The demonstration project is a precursor to the introduction of universal credit. We are not involved in liaisons with the DWP just now. The committee will be aware that there are a number of pathfinders operating, mainly in north-west England, in which people are on universal credit, and that relationship between the landlords and DWP is live just now. It is far too early to say, and I do not have a great deal of detailed knowledge about how that liaison is taking place, but I can reiterate what I said earlier—that, whereas in the past we have had a constructive and positive relationship with housing benefit departments regarding housing benefit payments, that relationship will have to change. With the introduction of universal credit, we will have to forge new relationships, and I do not yet know how that will pan out over time. The demonstration project is not universal credit; it is only the payment of housing benefit, and only time will tell how things pan out in the future.
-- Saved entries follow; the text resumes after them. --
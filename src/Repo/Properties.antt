-- ===== src/Repo/Properties.antt =====
-- internal/storage/sqlstore/properties_repo.go
use contrato_core.Base.{
  ℕ, ◌+◌, String, ◌&&◌, ◌||◌, not, any, ◌==◌, nat_eq, string_eq, int_eq, pair_eq,
}
use contrato_core.Table.History.{latest, has_version}
use contrato_core.Storage.{message, PutOptions, Property}
use contrato_core.Storage.Server.{World, has_tenant, has_model}
use contrato_core.Repo.Versioned.{Versioned, max_version, check_expected, insert_row}
use contrato_core.Repo.ModelVersions.{default_to, pinned}
use contrato_core.Storage.Exec.{Exec, query_row, reject_if, ◌>>=◌, ◌>>◌}

-- The columns (tenant_id, owner_type, owner_id, key).
abbrev pub PropertyKey : Type 0
PropertyKey = String × (String × (String × String))

abbrev pub property_key : Property → PropertyKey
property_key p = (p.tenant_id, (p.owner_type, (p.owner_id, p.key)))

abbrev pub property_version : Property → ℕ
property_version p = p.version

-- `properties`
abbrev pub properties : Versioned Property PropertyKey
properties = record {
  key = property_key;
  version = property_version;
  rows = λ d. d.properties;
  put = λ rs d. record d { properties = rs };
  admits = λ d p.
      has_tenant d p.tenant_id
      && (has_model d p.tenant_id p.model_id p.model_version
          && not (
              any (has_version property_key property_version (property_key p) p.version)
                d.properties));
}

unfoldable pub get_property : String → String → String → String → Exec Property
get_property tenant_id owner_type owner_id key = query_row λ w.
    latest property_key property_version (tenant_id, (owner_type, (owner_id, key))) w.db.properties

pub next_property : Property → World → Property
next_property p w = record p { version = max_version properties (property_key p) w + 1 }

abbrev pub filled_property : Property → String × ℕ → Property
filled_property p m = record p {
  value_json = default_to "{}" p.value_json;
  model_id = m.0;
  model_version = m.1;
}

unfoldable pub put_property : Property → PutOptions → Exec Property
unfolding next_property
put_property p opts = do
  reject_if (p.tenant_id == "" || (p.owner_type == "" || (p.owner_id == "" || p.key == "")))
      (message "tenant_id, owner_type, owner_id, key required")
  m ← pinned p.tenant_id p.model_id p.model_version
  check_expected properties opts.expected_version (property_key p)
  insert_row properties (next_property (filled_property p m))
I guess that the IT issue is a big one, which the committee looked at a while back, and it might be timely to revisit it, because it is pivotal. You can have any relationship that you like, but if it rests on a functioning IT system, which is clearly not there at the moment, that raises issues. Thank you, gentlemen, for your answers.
We have factored in the need to look at the universal credit pilot, and we are working on how we can do that.
I have a small supplementary question, following on from what Annabelle Ewing just said. Yesterday, I heard anecdotally that some housing associations had been downgraded by the ratings agencies—I am not sure whether it was Standard and Poor’s, Moody’s or one of the others. I take it that you gentlemen have not heard about any of that.
No. In a Scottish context, we do not really get the same grading. Some of the huge English RSLs are looking at the bond markets, and the big financial institutions tend to grade them more in that case, but the Scottish ones are not at that size.
It would be useful for the committee to find out whether there has been any downgrading, although I realise that it is more likely to be happening south of the border, and to find out whether that downgrading has happened because of other issues or whether welfare reform has acted as the real risk factor.
That is a fair question and we should get that checked out as soon as we can.
I shall furnish your clerk with the information that you sought.
Yes, we asked for information on the increase in DHP and on the additional costs that you have incurred in running the project. That would be beneficial to our work.
If there are any points that you reflect on later, please do not hesitate to contact us and we will try to help you.
The next item of business will be taken in private.